- Recorded information
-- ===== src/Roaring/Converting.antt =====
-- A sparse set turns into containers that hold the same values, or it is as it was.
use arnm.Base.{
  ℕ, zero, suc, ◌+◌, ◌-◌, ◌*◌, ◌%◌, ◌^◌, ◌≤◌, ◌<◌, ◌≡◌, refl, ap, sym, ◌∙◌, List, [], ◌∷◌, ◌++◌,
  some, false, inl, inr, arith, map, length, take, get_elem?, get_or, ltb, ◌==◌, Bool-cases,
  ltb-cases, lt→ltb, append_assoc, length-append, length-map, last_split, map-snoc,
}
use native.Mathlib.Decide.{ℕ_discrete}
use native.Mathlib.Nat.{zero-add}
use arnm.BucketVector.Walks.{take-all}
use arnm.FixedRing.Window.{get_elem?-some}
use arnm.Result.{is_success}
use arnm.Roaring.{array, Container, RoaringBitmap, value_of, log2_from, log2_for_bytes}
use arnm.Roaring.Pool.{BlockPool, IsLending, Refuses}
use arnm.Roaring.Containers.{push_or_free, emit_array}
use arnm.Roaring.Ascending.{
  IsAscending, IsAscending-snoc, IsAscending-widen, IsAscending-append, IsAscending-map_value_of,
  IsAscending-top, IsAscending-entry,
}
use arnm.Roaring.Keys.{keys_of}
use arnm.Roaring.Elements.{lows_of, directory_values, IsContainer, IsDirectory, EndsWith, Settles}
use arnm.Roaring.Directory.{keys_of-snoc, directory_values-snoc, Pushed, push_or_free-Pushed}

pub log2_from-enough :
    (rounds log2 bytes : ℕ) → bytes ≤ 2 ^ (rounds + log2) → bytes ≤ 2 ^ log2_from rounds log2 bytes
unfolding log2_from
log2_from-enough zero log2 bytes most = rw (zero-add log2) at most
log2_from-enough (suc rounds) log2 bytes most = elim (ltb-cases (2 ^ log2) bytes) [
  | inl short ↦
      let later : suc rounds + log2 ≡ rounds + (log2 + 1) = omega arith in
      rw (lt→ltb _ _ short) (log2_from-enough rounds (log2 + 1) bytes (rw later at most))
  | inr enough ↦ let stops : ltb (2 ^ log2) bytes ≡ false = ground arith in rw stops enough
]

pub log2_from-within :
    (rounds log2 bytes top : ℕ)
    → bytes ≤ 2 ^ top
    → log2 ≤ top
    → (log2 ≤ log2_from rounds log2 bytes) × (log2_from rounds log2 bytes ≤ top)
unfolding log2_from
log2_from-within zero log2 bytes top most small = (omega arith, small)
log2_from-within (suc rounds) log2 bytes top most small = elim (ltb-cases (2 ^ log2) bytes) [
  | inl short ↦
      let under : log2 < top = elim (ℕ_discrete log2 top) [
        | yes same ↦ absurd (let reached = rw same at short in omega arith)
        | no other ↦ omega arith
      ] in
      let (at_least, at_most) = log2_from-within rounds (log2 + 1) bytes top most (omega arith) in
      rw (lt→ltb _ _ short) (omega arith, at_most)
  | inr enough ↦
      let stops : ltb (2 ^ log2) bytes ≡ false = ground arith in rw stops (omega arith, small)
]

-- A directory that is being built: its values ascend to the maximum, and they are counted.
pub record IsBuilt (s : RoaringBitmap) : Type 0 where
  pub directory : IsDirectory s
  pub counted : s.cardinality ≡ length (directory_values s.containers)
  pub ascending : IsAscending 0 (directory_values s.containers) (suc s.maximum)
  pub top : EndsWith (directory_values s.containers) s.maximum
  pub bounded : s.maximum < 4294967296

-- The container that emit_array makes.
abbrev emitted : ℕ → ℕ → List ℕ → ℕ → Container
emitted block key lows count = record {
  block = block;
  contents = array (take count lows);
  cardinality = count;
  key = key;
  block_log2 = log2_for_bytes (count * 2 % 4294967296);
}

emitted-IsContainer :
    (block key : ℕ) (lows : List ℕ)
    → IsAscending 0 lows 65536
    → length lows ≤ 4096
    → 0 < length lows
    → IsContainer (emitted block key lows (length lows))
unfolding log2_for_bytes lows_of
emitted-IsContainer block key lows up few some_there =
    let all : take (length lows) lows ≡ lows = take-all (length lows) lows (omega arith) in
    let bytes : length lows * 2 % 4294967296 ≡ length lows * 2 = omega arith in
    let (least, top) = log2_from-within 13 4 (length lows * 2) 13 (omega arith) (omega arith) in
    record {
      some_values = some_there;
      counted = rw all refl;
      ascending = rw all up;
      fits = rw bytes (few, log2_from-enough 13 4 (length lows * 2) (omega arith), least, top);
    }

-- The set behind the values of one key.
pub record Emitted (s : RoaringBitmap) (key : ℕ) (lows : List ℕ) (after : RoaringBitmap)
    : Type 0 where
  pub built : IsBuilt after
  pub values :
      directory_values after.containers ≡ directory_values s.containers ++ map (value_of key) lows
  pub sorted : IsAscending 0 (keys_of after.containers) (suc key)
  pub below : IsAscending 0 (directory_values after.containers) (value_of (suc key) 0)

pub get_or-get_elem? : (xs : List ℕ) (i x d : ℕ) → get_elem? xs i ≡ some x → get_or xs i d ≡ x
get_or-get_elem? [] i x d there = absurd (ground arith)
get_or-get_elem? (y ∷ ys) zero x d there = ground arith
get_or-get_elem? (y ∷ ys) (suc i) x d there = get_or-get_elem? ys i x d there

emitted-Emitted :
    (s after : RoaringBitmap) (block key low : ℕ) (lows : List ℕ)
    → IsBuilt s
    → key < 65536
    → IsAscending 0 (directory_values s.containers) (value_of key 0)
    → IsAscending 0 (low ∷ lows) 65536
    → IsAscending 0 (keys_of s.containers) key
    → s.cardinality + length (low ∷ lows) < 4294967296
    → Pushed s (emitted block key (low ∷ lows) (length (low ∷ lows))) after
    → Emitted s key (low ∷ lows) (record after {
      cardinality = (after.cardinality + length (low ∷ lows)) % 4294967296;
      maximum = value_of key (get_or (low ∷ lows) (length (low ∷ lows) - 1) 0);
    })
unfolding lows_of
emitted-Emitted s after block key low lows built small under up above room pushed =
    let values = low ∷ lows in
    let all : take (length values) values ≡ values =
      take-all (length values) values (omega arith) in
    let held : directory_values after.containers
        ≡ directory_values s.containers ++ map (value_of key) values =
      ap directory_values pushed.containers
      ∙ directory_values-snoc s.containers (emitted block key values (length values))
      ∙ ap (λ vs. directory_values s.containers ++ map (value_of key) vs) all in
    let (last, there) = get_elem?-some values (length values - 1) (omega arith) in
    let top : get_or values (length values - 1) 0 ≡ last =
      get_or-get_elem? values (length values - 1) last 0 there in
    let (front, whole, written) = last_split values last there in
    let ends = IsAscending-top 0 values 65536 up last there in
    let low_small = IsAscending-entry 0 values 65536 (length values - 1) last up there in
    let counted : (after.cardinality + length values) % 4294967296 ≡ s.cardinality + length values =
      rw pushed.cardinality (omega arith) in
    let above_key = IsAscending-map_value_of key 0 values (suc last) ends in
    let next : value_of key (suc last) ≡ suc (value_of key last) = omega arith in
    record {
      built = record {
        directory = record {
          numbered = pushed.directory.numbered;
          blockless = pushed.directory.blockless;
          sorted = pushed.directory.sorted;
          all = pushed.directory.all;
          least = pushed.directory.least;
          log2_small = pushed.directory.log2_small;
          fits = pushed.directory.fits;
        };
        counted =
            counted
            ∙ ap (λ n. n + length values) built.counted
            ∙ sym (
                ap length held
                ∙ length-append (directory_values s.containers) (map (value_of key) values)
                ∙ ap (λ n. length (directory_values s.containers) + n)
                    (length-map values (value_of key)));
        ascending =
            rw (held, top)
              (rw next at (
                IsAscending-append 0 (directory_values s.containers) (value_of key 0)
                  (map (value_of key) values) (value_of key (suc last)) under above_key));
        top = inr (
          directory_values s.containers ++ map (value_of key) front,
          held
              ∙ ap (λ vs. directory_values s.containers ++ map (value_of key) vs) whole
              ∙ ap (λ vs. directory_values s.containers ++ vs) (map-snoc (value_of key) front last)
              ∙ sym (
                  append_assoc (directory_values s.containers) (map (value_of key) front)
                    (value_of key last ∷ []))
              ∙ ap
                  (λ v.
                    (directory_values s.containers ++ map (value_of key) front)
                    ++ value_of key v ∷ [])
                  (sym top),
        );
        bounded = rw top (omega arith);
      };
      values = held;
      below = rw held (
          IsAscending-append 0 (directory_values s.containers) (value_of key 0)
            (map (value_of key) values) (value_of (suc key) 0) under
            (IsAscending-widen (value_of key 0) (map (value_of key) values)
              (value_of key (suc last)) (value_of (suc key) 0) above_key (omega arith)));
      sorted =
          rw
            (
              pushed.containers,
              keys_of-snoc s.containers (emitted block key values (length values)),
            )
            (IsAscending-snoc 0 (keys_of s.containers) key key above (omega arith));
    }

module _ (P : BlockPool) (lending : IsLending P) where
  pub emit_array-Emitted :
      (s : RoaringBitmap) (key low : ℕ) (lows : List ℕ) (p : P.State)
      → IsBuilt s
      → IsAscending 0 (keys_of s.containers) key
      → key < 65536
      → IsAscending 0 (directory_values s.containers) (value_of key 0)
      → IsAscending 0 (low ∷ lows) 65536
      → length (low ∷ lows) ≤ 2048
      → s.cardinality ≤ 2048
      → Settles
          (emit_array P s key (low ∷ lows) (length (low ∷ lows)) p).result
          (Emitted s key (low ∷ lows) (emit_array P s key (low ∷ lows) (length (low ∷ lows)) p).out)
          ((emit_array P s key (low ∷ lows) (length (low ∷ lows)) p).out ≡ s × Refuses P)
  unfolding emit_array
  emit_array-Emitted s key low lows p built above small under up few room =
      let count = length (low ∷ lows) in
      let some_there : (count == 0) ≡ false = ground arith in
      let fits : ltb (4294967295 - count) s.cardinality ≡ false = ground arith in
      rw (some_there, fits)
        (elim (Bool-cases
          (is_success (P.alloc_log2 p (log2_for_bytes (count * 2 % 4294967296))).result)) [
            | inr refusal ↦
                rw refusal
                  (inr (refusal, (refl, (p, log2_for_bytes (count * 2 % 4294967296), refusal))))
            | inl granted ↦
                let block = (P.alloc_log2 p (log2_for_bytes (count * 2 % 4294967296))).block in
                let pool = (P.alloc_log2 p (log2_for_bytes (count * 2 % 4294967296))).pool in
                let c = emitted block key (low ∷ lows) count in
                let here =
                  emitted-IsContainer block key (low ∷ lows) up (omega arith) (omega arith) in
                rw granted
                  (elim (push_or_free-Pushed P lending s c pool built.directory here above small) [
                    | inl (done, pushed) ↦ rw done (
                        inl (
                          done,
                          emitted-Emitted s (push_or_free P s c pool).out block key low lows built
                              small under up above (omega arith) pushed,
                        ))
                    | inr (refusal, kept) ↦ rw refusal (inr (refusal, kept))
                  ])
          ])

- About this exercise
Please transcribe only the lines in the records above running from the line that has "pub below : IsAscending" through the line that has "get_or-get_elem? [] i", both included, exactly as they appear.

- Exercise answer
  pub below : IsAscending 0 (directory_values after.containers) (value_of (suc key) 0)

pub get_or-get_elem? : (xs : List ℕ) (i x d : ℕ) → get_elem? xs i ≡ some x → get_or xs i d ≡ x
get_or-get_elem? [] i x d there = absurd (ground arith)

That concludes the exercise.